In it's 6th season, Green Acres had perhaps lost a little of it's lustre. Every few episodes though, the writing and production could really hit the mark, and this episode proves that there was still a lot of originality to be presented. While it's certainly a shame that the show was denied a 7th season due to CBS's then new Top Man, Fred Silverman and his "Rural Purge" (every CBS series featuring a tree was canceled regardless of it's success and top ratings), maybe it was an ideal happenstance that Green Acres went out while still teetering atop of it's game.

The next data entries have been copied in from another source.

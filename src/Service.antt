-- ===== src/Service.antt =====
-- src/vdev/substrate_service.hpp: sectors of 512 bytes served from the manifold, and their residue
-- sent to a disk. Calls of `physical_disk_->write` come out as a list of (lba, bytes set in the sector).
pub mod Sector
pub mod VirtioBlk
mod Tests
use emergence_os_bare_metal.Base.{
  ℕ, zero, suc, ◌+◌, ◌-◌, ◌*◌, ◌/◌, ◌%◌, ◌^◌, List, [], ◌∷◌, ◌++◌, Bool, true, false, Option, none,
  some, ltb, leb, if◌then◌else◌, length, take, drop, u32, u64,
}
use emergence_os_bare_metal.Bmt.Keys.{Pair}
use emergence_os_bare_metal.Manifold.{Manifold, image, holographic_fetch, materialize_range}
use emergence_os_bare_metal.SubShannon.{phase_fold}

pub record SubstrateService : Type 0 where
  pub manifold : Manifold
  pub has_disk : Bool
  pub virtual_capacity_bytes : ℕ
  pub highest_accessed_vaddr : ℕ
  pub preemption_horizon : ℕ
  pub total_bytes_written : ℕ
  pub correction_bytes_stored : ℕ

-- The capacity depends on the build.
unfoldable pub start : Manifold → Bool → ℕ → SubstrateService
start m has_disk capacity = record {
  manifold = m;
  has_disk = has_disk;
  virtual_capacity_bytes = capacity;
  highest_accessed_vaddr = 0;
  preemption_horizon = 0;
  total_bytes_written = 1;
  correction_bytes_stored = 1;
}

unfoldable pub get_match_rate_scaled : SubstrateService → ℕ
get_match_rate_scaled s =
    u64 (10000 + (2 ^ 64 - u64 (s.correction_bytes_stored * 10000) / s.total_bytes_written))

abbrev pub DiskWrite : Type 0
DiskWrite = ℕ × List ℕ

abbrev pub test_seed : Pair
test_seed = record { a = 0x1234567890ABCDEF; b = 0xABCDEF0123456789 }

-- What the loop of `serve_write` does with a disk; `none` where the fold writes past the end of an array.
unfoldable pub persist_sector :
    SubstrateService → Manifold → ℕ → List ℕ → Option (SubstrateService × List DiskWrite)
persist_sector s m current_lba sector = elim (phase_fold test_seed 512 sector) [
  | none ↦ none
  | some residue ↦ some (
    record s {
      manifold = m;
      total_bytes_written = u64 (s.total_bytes_written + 512);
      correction_bytes_stored = u64 (s.correction_bytes_stored + length residue);
    },
    (u64 (16384 + current_lba * 2), residue) ∷ [],
  )
]

-- The body of the loop.
unfoldable pub write_sector :
    SubstrateService → ℕ → List ℕ → Option (SubstrateService × List DiskWrite)
write_sector s current_lba sector =
    let m = materialize_range s.manifold (u64 (current_lba * 512)) sector in
    if s.has_disk
    then persist_sector s m current_lba sector
    else some (record s { manifold = m }, [])

-- The result of the call is always `true`.
unfoldable pub serve_write :
    SubstrateService → ℕ → ℕ → List ℕ → Option (SubstrateService × List DiskWrite)
serve_write s lba zero guest_buffer = some (s, [])
serve_write s lba (suc n) guest_buffer = elim (write_sector s lba (take 512 guest_buffer)) [
  | none ↦ none
  | some (s', here) ↦ elim (serve_write s' (u64 (lba + 1)) n (drop 512 guest_buffer)) [
    | none ↦ none
    | some (s'', later) ↦ some (s'', here ++ later)
  ]
]

-- `n` values of a sector from the one at `offset` on.
unfoldable pub read_atoms : Manifold → ℕ → ℕ → ℕ → List ℕ
read_atoms m vaddr offset zero = []
read_atoms m vaddr offset (suc n) =
    image (holographic_fetch m (u64 (vaddr + offset))) ++ read_atoms m vaddr (offset + 16) n

-- What is copied to the guest, and whether all sectors lie below the capacity.
unfoldable pub read_sectors : SubstrateService → ℕ → ℕ → Bool × List ℕ
read_sectors s lba zero = (true, [])
read_sectors s lba (suc n) =
    let vaddr = u64 (lba * 512) in
    let sector = read_atoms s.manifold vaddr 0 32 in
    let (ok, later) = read_sectors s (u64 (lba + 1)) n in
    if leb s.virtual_capacity_bytes vaddr then (false, []) else (ok, sector ++ later)

-- `sector_count * 512` is a 32-bit product.
abbrev pub touch : SubstrateService → ℕ → ℕ → SubstrateService
touch s guest_lba sector_count =
    let start_vaddr = u64 (guest_lba * 512) in
    if leb s.highest_accessed_vaddr start_vaddr
    then record s {
      highest_accessed_vaddr = start_vaddr;
      preemption_horizon = u64 (start_vaddr + u32 (sector_count * 512));
    }
    else s

unfoldable pub serve_read : SubstrateService → ℕ → ℕ → (Bool × List ℕ) × SubstrateService
serve_read s guest_lba sector_count =
    let s' = touch s guest_lba sector_count in (read_sectors s' guest_lba sector_count, s')

-- The values fetched ahead are dropped: only the horizon moves.
unfoldable pub horizon_after : ℕ → ℕ → ℕ → ℕ
horizon_after capacity target zero = target
horizon_after capacity target (suc n) =
    let later = horizon_after capacity (u64 (target + 16)) n in
    if leb capacity target then target else later

unfoldable pub utilize_idle_cycles : SubstrateService → ℕ → SubstrateService
utilize_idle_cycles s hint = record s {
  preemption_horizon = horizon_after s.virtual_capacity_bytes s.preemption_horizon hint;
}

Like the way another CBS stalwart, "The Dick Van Dyke Show" had done, voluntarily, a few years prior.

"The Free Paint Job" though, is Green Acres at some of it's surrealist best. Straight from the top, we encounter cooking-challenged Lisa explaining to husband Oliver how to prepare the delicacy of Stuffed Kangeroo-Tail (how could Oliver have not guessed HOW one stuffs a Kangeroo tail?!) Then we share in Oliver's astonishment at the sight of Lisa's attempt at cooking up a massive wad of severely boiled spaghetti. Later in the episode, more spaghetti experimentation leads to a possible attack by a related kin of Steve McQueen's 1950's horror film co-star, The Blob.

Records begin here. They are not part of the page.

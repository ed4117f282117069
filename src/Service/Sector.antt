-- ===== src/Service/Sector.antt =====
-- A sector that is written through src/vdev/substrate_service.hpp is read back.
use emergence_os_bare_metal.Base.{
  ℕ, zero, suc, ◌+◌, ◌-◌, ◌*◌, ◌%◌, ◌^◌, ◌<◌, ◌≤◌, ◌≡◌, refl, sym, ap, ap₂, ◌∙◌, arith, List, [],
  ◌∷◌, ◌++◌, true, false, leb, length, take, drop, u64, append-nil, take_all, drop_all, length-take,
  length-drop, IsBytes, IsBytes-take, IsBytes-drop, le_bytes, le_value, le_bytes-le_value,
  take-append-take-drop, Bool, some, Option, ◌⊎◌, inl, inr, if◌then◌else◌,
}
use emergence_os_bare_metal.SubShannon.{phase_fold}
use emergence_os_bare_metal.Manifold.{
  Manifold, image, value_of, holographic_fetch, materialize_range,
}
use emergence_os_bare_metal.Manifold.Fetch.{fetch-materialize_self}
use emergence_os_bare_metal.Service.{
  SubstrateService, DiskWrite, test_seed, persist_sector, write_sector, serve_write, read_atoms,
  read_sectors, serve_read, touch,
}

eight : (bs : List ℕ) → length bs ≡ 8 → IsBytes bs → le_bytes 8 (le_value bs) ≡ bs
eight bs l h =
    let none_more : 8 - length bs ≡ 0 = omega arith in
    le_bytes-le_value 8 bs (omega arith) h ∙ rw none_more (append-nil bs)

-- Sixteen bytes are the image of the value that they make.
image-value_of : (bs : List ℕ) → length bs ≡ 16 → IsBytes bs → image (value_of bs) ≡ bs
unfolding image value_of
image-value_of bs l h =
    ap₂ ◌++◌ (eight (take 8 bs) (omega (arith, length-take 8 bs)) (IsBytes-take 8 bs h)) (
      eight (take 8 (drop 8 bs)) (omega (arith, length-take 8 (drop 8 bs), length-drop 8 bs))
        (IsBytes-take 8 (drop 8 bs) (IsBytes-drop 8 bs h)))
    ∙ take-append-take-drop 8 8 bs
    ∙ take_all 16 bs (omega arith)

drop-drop : (n m : ℕ) (bs : List ℕ) → drop n (drop m bs) ≡ drop (m + n) bs
drop-drop n zero bs = ap (λ t. drop t bs) (omega arith)
drop-drop n (suc m) [] = drop_all n [] (omega arith) ∙ sym (drop_all (suc m + n) [] (omega arith))
drop-drop n (suc m) (b ∷ bs) =
    let next : suc m + n ≡ suc (m + n) = omega arith in rw next (drop-drop n m bs)

-- The values of a sector from the `k`-th on.
read_atoms-materialize :
    (m : Manifold) (vaddr k n : ℕ) (sector : List ℕ)
    → vaddr < 2 ^ 64
    → vaddr % 512 ≡ 0
    → length sector ≡ 512
    → IsBytes sector
    → k + n ≤ 32
    → read_atoms (materialize_range m vaddr sector) vaddr (16 * k) n
      ≡ take (16 * n) (drop (16 * k) sector)
unfolding read_atoms
read_atoms-materialize m vaddr k zero sector v a l b h = refl
read_atoms-materialize m vaddr k (suc n) sector v a l b h =
    let later : read_atoms after vaddr (16 * k + 16) n
        ≡ take (16 * n) (drop 16 (drop (16 * k) sector)) =
      ap (λ o. read_atoms after vaddr o n) (omega arith)
      ∙ read_atoms-materialize m vaddr (k + 1) n sector v a l b (omega arith)
      ∙ ap (take (16 * n))
          (ap (λ t. drop t sector) (omega arith) ∙ sym (drop-drop 16 (16 * k) sector)) in
    ap₂ ◌++◌ here later
    ∙ take-append-take-drop 16 (16 * n) (drop (16 * k) sector)
    ∙ ap (λ t. take t (drop (16 * k) sector)) (omega arith)
  where
    after : Manifold
    after = materialize_range m vaddr sector

    part : List ℕ
    part = take 16 (drop (16 * k) sector)

    here : image (holographic_fetch after (u64 (vaddr + 16 * k))) ≡ part
    here =
        ap (λ x. image (holographic_fetch after x)) (omega arith)
        ∙ ap image (fetch-materialize_self m vaddr k sector (omega arith) (omega arith))
        ∙ image-value_of part
            (omega (arith, length-take 16 (drop (16 * k) sector), length-drop (16 * k) sector))
            (IsBytes-take 16 (drop (16 * k) sector) (IsBytes-drop (16 * k) sector b))

-- There is no disk, or the folded residue of the sector has room in the arrays of the fold.
abbrev pub IsStorable : SubstrateService → List ℕ → Type 0
IsStorable s sector =
    (s.has_disk ≡ false) ⊎ ((residue : List ℕ) × (phase_fold test_seed 512 sector ≡ some residue))

-- The service after a write, with and without a disk.
abbrev IsStored : SubstrateService → Manifold → Option (SubstrateService × List DiskWrite) → Type 0
IsStored s m result =
    (s' : SubstrateService) × (writes : List DiskWrite) × (result ≡ some (s', writes))
    × (s'.manifold ≡ m)
    × (s'.virtual_capacity_bytes ≡ s.virtual_capacity_bytes)

write_sector_lem :
    (s : SubstrateService) (lba : ℕ) (sector : List ℕ)
    → IsStorable s sector
    → IsStored s (materialize_range s.manifold (u64 (lba * 512)) sector) (write_sector s lba sector)
unfolding write_sector persist_sector
write_sector_lem s lba sector (inl no_disk) =
    let m = materialize_range s.manifold (u64 (lba * 512)) sector in
    (
      record s { manifold = m },
      [],
      without s.has_disk (persist_sector s m lba sector) (some (record s { manifold = m }, []))
          no_disk,
      refl,
      refl,
    )
  where
    without :
        (disk : Bool) (x y : Option (SubstrateService × List DiskWrite))
        → disk ≡ false
        → (if disk then x else y) ≡ y
    without disk x y e = rw e refl
write_sector_lem s lba sector (inr (residue, folded)) = of_disk s.has_disk
  where
    m : Manifold
    m = materialize_range s.manifold (u64 (lba * 512)) sector

    of_disk :
        (disk : Bool)
        → IsStored s m
            (if disk then persist_sector s m lba sector else some (record s { manifold = m }, []))
    of_disk true = (
      record s {
        manifold = m;
        total_bytes_written = u64 (s.total_bytes_written + 512);
        correction_bytes_stored = u64 (s.correction_bytes_stored + length residue);
      },
      (u64 (16384 + lba * 2), residue) ∷ [],
      rw (persist_sector, folded) refl,
      refl,
      refl,
    )
    of_disk false = (record s { manifold = m }, [], refl, refl, refl)

-- One sector below the capacity.
read_one :
    (s : SubstrateService) (lba : ℕ)
    → u64 (lba * 512) < s.virtual_capacity_bytes
    → read_sectors s lba 1 ≡ (true, read_atoms s.manifold (u64 (lba * 512)) 0 32 ++ [])
unfolding read_sectors
read_one s lba h =
    let below : leb s.virtual_capacity_bytes (u64 (lba * 512)) ≡ false = ground arith in
    rw below refl

touched :
    (s : SubstrateService) (lba n : ℕ)
    → ((touch s lba n).manifold ≡ s.manifold)
      × ((touch s lba n).virtual_capacity_bytes ≡ s.virtual_capacity_bytes)
touched s lba n = (ground arith, ground arith)

-- A sector below the capacity that is written is read back whole, without a disk, and with one as long as
-- the fold of the sector stays within its arrays, the last of which has 512 bytes.
pub serve_read-serve_write :
    (s : SubstrateService) (lba : ℕ) (sector : List ℕ)
    → u64 (lba * 512) < s.virtual_capacity_bytes
    → length sector ≡ 512
    → IsBytes sector
    → IsStorable s sector
    → (s' : SubstrateService) × (writes : List DiskWrite) × (serve_write s lba 1 sector
        ≡ some (s', writes))
      × ((serve_read s' lba 1).0 ≡ (true, sector))
unfolding serve_read serve_write
serve_read-serve_write s lba sector c l b fits =
    let vaddr = u64 (lba * 512) in
    let whole : take 512 sector ≡ sector = take_all 512 sector (omega arith) in
    let one = write_sector_lem s lba sector fits in
    let after = touch one.0 lba 1 in
    let same = touched one.0 lba 1 in
    (
      one.0,
      one.1 ++ [],
      rw (whole, serve_write, one.2) refl,
      read_one after lba (omega (arith, same.1, one.4))
          ∙ ap (λ x. (true, x))
              (append-nil (read_atoms after.manifold vaddr 0 32)
                ∙ ap (λ m. read_atoms m vaddr 0 32) (same.0 ∙ one.3)
                ∙ read_atoms-materialize s.manifold vaddr 0 32 sector (omega arith) (omega arith) l
                    b (omega arith)
                ∙ whole),
    )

It's always added fun when other members of "Real World Society" find themselves trapped alongside Oliver within the lunatic existence of the unidentified asylum that is Hootersville. Exactly that is what happens to three Real World employees of the Luster Paint Company. They want to use the Douglas farm house in a "Before and After" marketing campaign of their product. First though, the advertising man with the paint company is subjected to a pig that not only answers the door upon which he has knocked, but also "meows" at him. Later, a paint company employed photographer attempting to capture the farm house in all it's dilapidated glory, has to put up with addle-minded County Agent Hank Kimball wanting to get in on the view. Most perplexed by his encounter with the Douglas homestead, is the worker tasked with actually applying the paint to the structure's wooden boards. The house's reaction to the application of the paint, would be enough to send any normal-minded individual scurrying to the nearest "funny farm".

Down at the General Store, Sam Drucker gets in some great, though unintentional pot-shots at Oliver. Eventually, con-man extraordineer Mr. Haney (who performs an impression of the Douglas house!) gets to provide some previously unknown factoids regarding the makeup of the type of wood of which the Robert E. Lee birth-place replica hovel has been built.

There's some great stunt work action concerning Oliver, the result of a careless pig who has enjoyed a delicious banana. Then there's a moment of "How did they do that?!" when Oliver, inside the house, receives a face full of spray paint which seeps immediately 'through the wall' as the painter - outside - attempts to apply a fresh coating.

The level of surrealism "goes to eleven" when the paint company advertising man eventually is able to present Oliver with a painted sample of the house's wooden board pieces. Due to 'sealed pores' within it, the wooden board struggles mightily to breath, gasping in utter desperation for air. Fascinating and hysterical!

Truly one of the best and most bizarre episodes of Green Acres ever to grace the televisual Universe. A terrific example to show to a novice viewer and entrap them... in the Twilight Zone... of Hootersville.